Retrieval-enhanced applications (version 8.17)

更新时间:
复制 MD 格式

The growing demand for generative AI and real-time data analytics requires a high-performance, low-cost, and fully managed retrieval service. Alibaba Cloud Elasticsearch Serverless retrieval-enhanced applications (version 8.17) are built on Elasticsearch version 8.17. As a fully managed service, they combine a serverless architecture with layered scaling capabilities to support common scenarios, such as information retrieval, vector search, and semantic analysis. This topic describes the latest features, billing details, service activation, and application creation for retrieval-enhanced applications (version 8.17).

Commercialization notice

Retrieval-enhanced applications (version 8.17) will become a paid service at 18:00 on June 27, 2025 (UTC+8). After this time, charges will apply for using the service.

Note

If you no longer need the service, disable it before commercial billing starts to avoid charges. If you have any questions, submit a ticket or contact technical support through the DingTalk user group (Group ID: 72335013004).

Latest features

Retrieval-enhanced applications (version 8.17) offer significant improvements in features, elastic performance, and cost efficiency. Compared to the previous General-purpose retrieval applications (version 7.10), this new version provides more powerful features and a more flexible user experience:

  • New features: Retrieval-enhanced applications (version 8.17) are fully optimized for vector search scenarios and support features such as sparse vectors and dense vectors. For more information, see Appendix 1: Supported open source APIs.

  • Elastic performance: The fully upgraded architecture allows for more flexible elastic resource scheduling within the application quota and delivers significantly faster request response times for a more efficient performance experience.

  • Cost optimization: Compared with the pay-as-you-go model of version 7.10, version 8.17 introduces a billing method that combines reserved fixed quotas with on-demand elastic calls. You can flexibly combine these two modes to use resources more efficiently and reduce your overall costs.

Billing details

Retrieval-enhanced applications (version 8.17) are billed based on reserved fixed Compute Unit (CU) quotas, on-demand elastic CUs, and storage space consumption.

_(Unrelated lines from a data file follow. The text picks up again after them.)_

-- ===== src/Guarantees/Scopes.antt =====
-- Which calls the scope enforcement lets through.
use rh_reclaw.Common.{
  ◌≡◌, ◌≢◌, ◌↔◌, ◌⊎◌, inl, inr, refl, String, Option, none, some, true, false, ==_iff, string_eq,
  arith, Bool-cases, contains,
}
use rh_reclaw.Common.Result.{err}
use rh_reclaw.Common.Json.{Json, null, bool, nat, number, text, array, object, Items}
use rh_reclaw.Common.Text.{strip}
use rh_reclaw.Identity.{AccessToken, claim, is_null, truthy, str, check_sub, validate_sub_shape}
use rh_reclaw.Scopes.{
  is_interactive_token, required_scope_for, required_scope_for_resource, listed_scopes,
  scopes_for_token, strs,
}
use rh_reclaw.Call.{tool_error, resource_error, World, Call, ◌>>=◌, done, fail, emit}
use rh_reclaw.Server.{
  denial_message, resource_denial_message, deny_tool, deny_resource, client_of, enforce_tool,
  enforce_resource, enforce_call_tool, enforce_read_resource,
}
use rh_reclaw.Guarantees.Identity.{is_null_iff, is_text_iff, SubShaped}

-- A token of the interactive path: it has an issuer, and that is not the one of agent tokens.
abbrev pub Interactive : AccessToken → Type 0
Interactive token =
    (claim "iss" token.claims ≢ null) × (claim "iss" token.claims ≢ text "agent-jwt")

pub is_interactive_token_iff :
    (token : AccessToken) → (is_interactive_token (some token) ≡ true) ↔ Interactive token
unfolding is_interactive_token
is_interactive_token_iff token = ground (
  arith,
  is_null_iff (claim "iss" token.claims),
  is_text_iff "agent-jwt" (claim "iss" token.claims),
)

pub truthy-null : (v : Json) → truthy v ≡ true → is_null v ≡ false
unfolding truthy is_null
truthy-null null h = absurd (cc h)
truthy-null (bool b) h = refl
truthy-null (nat n) h = refl
truthy-null (number r) h = refl
truthy-null (text s) h = refl
truthy-null (array xs) h = refl
truthy-null (object fs) h = refl

module _ (repr : Json → String) where
  -- An agent token with a well-formed `sub` whose list of scopes has the scope.
  abbrev pub Granted : AccessToken → String → Type 0
  Granted token scope =
      (claim "iss" token.claims ≡ text "agent-jwt")
      × (truthy (claim "sub" token.claims) ≡ true)
      × SubShaped (strip (str repr (claim "sub" token.claims)))
      × (xs : Items) × (claim "scopes" token.claims ≡ array xs)
      × (contains scope (strs repr xs) ≡ true)

  abbrev pub Permitted : Option AccessToken → Option String → Type 0
  Permitted none required = ⊥
  Permitted (some token) required =
      Interactive token ⊎ ((scope : String) × (required ≡ some scope) × Granted token scope)

  contains-listed_scopes :
      (scope : String) (v : Json)
      → contains scope (listed_scopes repr v) ≡ true
      → (xs : Items) × (v ≡ array xs) × (contains scope (strs repr xs) ≡ true)
  unfolding listed_scopes
  contains-listed_scopes scope (array xs) h = (xs, refl, h)
  contains-listed_scopes scope null h = absurd (cc h)
  contains-listed_scopes scope (bool b) h = absurd (cc h)
  contains-listed_scopes scope (nat n) h = absurd (cc h)
  contains-listed_scopes scope (number r) h = absurd (cc h)
  contains-listed_scopes scope (text s) h = absurd (cc h)
  contains-listed_scopes scope (object fs) h = absurd (cc h)

  listed_scopes-contains :
      (scope : String) (v : Json) (xs : Items)
      → v ≡ array xs
      → contains scope (strs repr xs) ≡ true
      → contains scope (listed_scopes repr v) ≡ true
  unfolding listed_scopes
  listed_scopes-contains scope v xs same h = rw same h

  eligible_iff :
      (token : AccessToken) (scope : String)
      → (contains scope (scopes_for_token repr token) ≡ true) ↔ (
          (claim "iss" token.claims ≡ text "agent-jwt")
          × (truthy (claim "sub" token.claims) ≡ true)
          × SubShaped (strip (str repr (claim "sub" token.claims)))
          × (contains scope (listed_scopes repr (claim "scopes" token.claims)) ≡ true))
  unfolding scopes_for_token validate_sub_shape check_sub
  eligible_iff token scope = ground (
    arith,
    is_text_iff "agent-jwt" (claim "iss" token.claims),
    truthy-null (claim "sub" token.claims),
    ==_iff (strip (str repr (claim "sub" token.claims))) "",
  )

  pub contains-scopes_for_token_iff :
      (token : AccessToken) (scope : String)
      → (contains scope (scopes_for_token repr token) ≡ true) ↔ Granted token scope
  contains-scopes_for_token_iff token scope = (
    λ h.
        let (issuer, sub, shaped, listed) = (eligible_iff token scope).0 h in
        let (xs, same, found) = contains-listed_scopes scope (claim "scopes" token.claims) listed in
        (issuer, sub, shaped, xs, same, found),
    λ (issuer, sub, shaped, xs, same, listed).
        (eligible_iff token scope).1
          (issuer, sub, shaped, listed_scopes-contains scope _ xs same listed),
  )

  module _ {A : Type 0} (next : Call A) (token : AccessToken) (name : String) (w : World) where
    enforce_tool-Granted :
        (required : Option String) (scope : String)
        → required ≡ some scope
        → Granted token scope
        → enforce_tool repr next token name required w ≡ next w
    unfolding enforce_tool
    enforce_tool-Granted required scope same granted =
        rw (same, (contains-scopes_for_token_iff token scope).1 granted) refl

    enforce_tool-denied :
        (required : Option String)
        → ((scope : String) → required ≡ some scope → ¬ Granted token scope)
        → ((enforce_tool repr next token name required w).0
            ≡ err (tool_error (denial_message name)))
          × ((enforce_tool repr next token name required w).1.session ≡ w.session)
    unfolding enforce_tool ◌>>=◌ client_of deny_tool emit fail done
    enforce_tool-denied none h = (refl, refl)
    enforce_tool-denied (some scope) h =
        elim (Bool-cases (contains scope (scopes_for_token repr token))) [
          | inl e ↦ absurd (h scope refl ((contains-scopes_for_token_iff token scope).0 e))
          | inr e ↦ rw e (refl, refl)
        ]

  module _ {A : Type 0} (next : String → Call A) (name : String) (w : World) where
    pub enforce_call_tool-Permitted :
        (found : Option AccessToken)
        → Permitted found (required_scope_for name)
        → enforce_call_tool repr next found name w ≡ next name w
    unfolding enforce_call_tool
    enforce_call_tool-Permitted none h = absurd h
    enforce_call_tool-Permitted (some token) (inl interactive) =
        rw ((is_interactive_token_iff token).1 interactive) refl
    enforce_call_tool-Permitted (some token) (inr (scope, same, granted)) =
        elim (Bool-cases (is_interactive_token (some token))) [
          | inl e ↦ rw e refl
          | inr e ↦ rw e (
              enforce_tool-Granted (next name) token name w (required_scope_for name) scope same
                granted)
        ]

    pub enforce_call_tool-denied :
        (found : Option AccessToken)
        → ¬ Permitted found (required_scope_for name)
        → ((enforce_call_tool repr next found name w).0 ≡ err (tool_error (denial_message name)))
          × ((enforce_call_tool repr next found name w).1.session ≡ w.session)
    unfolding enforce_call_tool ◌>>=◌ deny_tool emit fail is_interactive_token
    enforce_call_tool-denied none h = (refl, refl)
    enforce_call_tool-denied (some token) h =
        elim (Bool-cases (is_interactive_token (some token))) [
          | inl e ↦ absurd (h (inl ((is_interactive_token_iff token).0 e)))
          | inr e ↦ rw e (
              enforce_tool-denied (next name) token name w (required_scope_for name)
                (λ scope same granted. h (inr (scope, same, granted))))
        ]

    pub enforce_read_resource-Interactive :
        (token : AccessToken)
        → Interactive token
        → enforce_read_resource repr next (some token) name w ≡ next name w
    unfolding enforce_read_resource
    enforce_read_resource-Interactive token interactive =
        rw ((is_interactive_token_iff token).1 interactive) refl

    -- No resource has a scope, so no other token reads any.
    pub enforce_read_resource-denied :
        (found : Option AccessToken)
        → is_interactive_token found ≡ false
        → ((enforce_read_resource repr next found name w).0
            ≡ err (resource_error (resource_denial_message name)))
          × ((enforce_read_resource repr next found name w).1.session ≡ w.session)
    unfolding enforce_read_resource ◌>>=◌ deny_resource emit fail enforce_resource client_of done
        required_scope_for_resource is_interactive_token
    enforce_read_resource-denied none h = (refl, refl)
    enforce_read_resource-denied (some token) h = rw h (refl, refl)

For more information about billing, see Billing details.

CU selection reference

You can select specifications such as 2 CU, 4 CU, 6 CU, and 8 CU. Select a specification based on your maximum CU usage.

Retrieval-enhanced applications (version 8.17) use a read/write splitting architecture. By default, query and write CUs are allocated in a 1:1 ratio. After you enable the elastic computing feature, the maximum number of query CUs and write CUs are both 1.5 times the fixed CU quota. Different fixed CU quotas affect the application's usage limits, as shown in the following table. Adjust the quota based on your actual usage.

Note

The unit for the CU limit is CU/s.

Specification

Elastic computing feature

Elastic CU limit

Total application CU limit

Query CU limit

Write CU limit

Fixed CU quota = X CU

Enabled

2X

3X

1.5X

1.5X

Fixed CU quota = Y CU

Disabled

0

Y

0.5Y

0.5Y

Create a retrieval-enhanced application (version 8.17)

Note

When you create an ES Serverless application for the first time, the service is automatically enabled. By enabling the service, you agree to the relevant Terms of Service. After the application is created, it is billed based on the billing standards. If the application fails to be created, no fees are incurred.

  1. Create an application.

    1. Go to the Serverless application creation page and select a region for the application.

    2. On the Application Management page, click Create Application.

  2. Configure the basic information for the application.

    Enter an application name, select Retrieval-Augmented as the application type, and use the default values for the other parameters or customize them.

  3. Configure the access information for the application.

    • In this example, Network Access Method is set to Public Access, and the IP address of your local device is added to the Public Access Whitelist. This lets you access the Kibana of the Serverless application from your local device. To configure network access for the application, see Configure public or internal-facing access for a Serverless application.

    • Enter a User Password to log on to Kibana.

  4. Click Create Now.

You can view your applications on the Application Management page. Wait for the application status to change to Running, which indicates that the application has been created. You can then explore its features.

Open APIs

For more information about the APIs supported by retrieval-enhanced applications (version 8.17), see Appendix 1: Supported open source APIs.

Supported cluster and index configurations

For more information about the cluster and index configurations supported by retrieval-enhanced applications (version 8.17), see Appendix 2: Supported whitelists.

Supported plug-ins

For more information about the plug-ins supported by retrieval-enhanced applications (version 8.17), see Appendix 3: Supported plug-ins.

Monitoring Center

For detailed information about configuring monitoring and alerting services and for explanations of the metrics, see Monitoring metrics and alert configuration.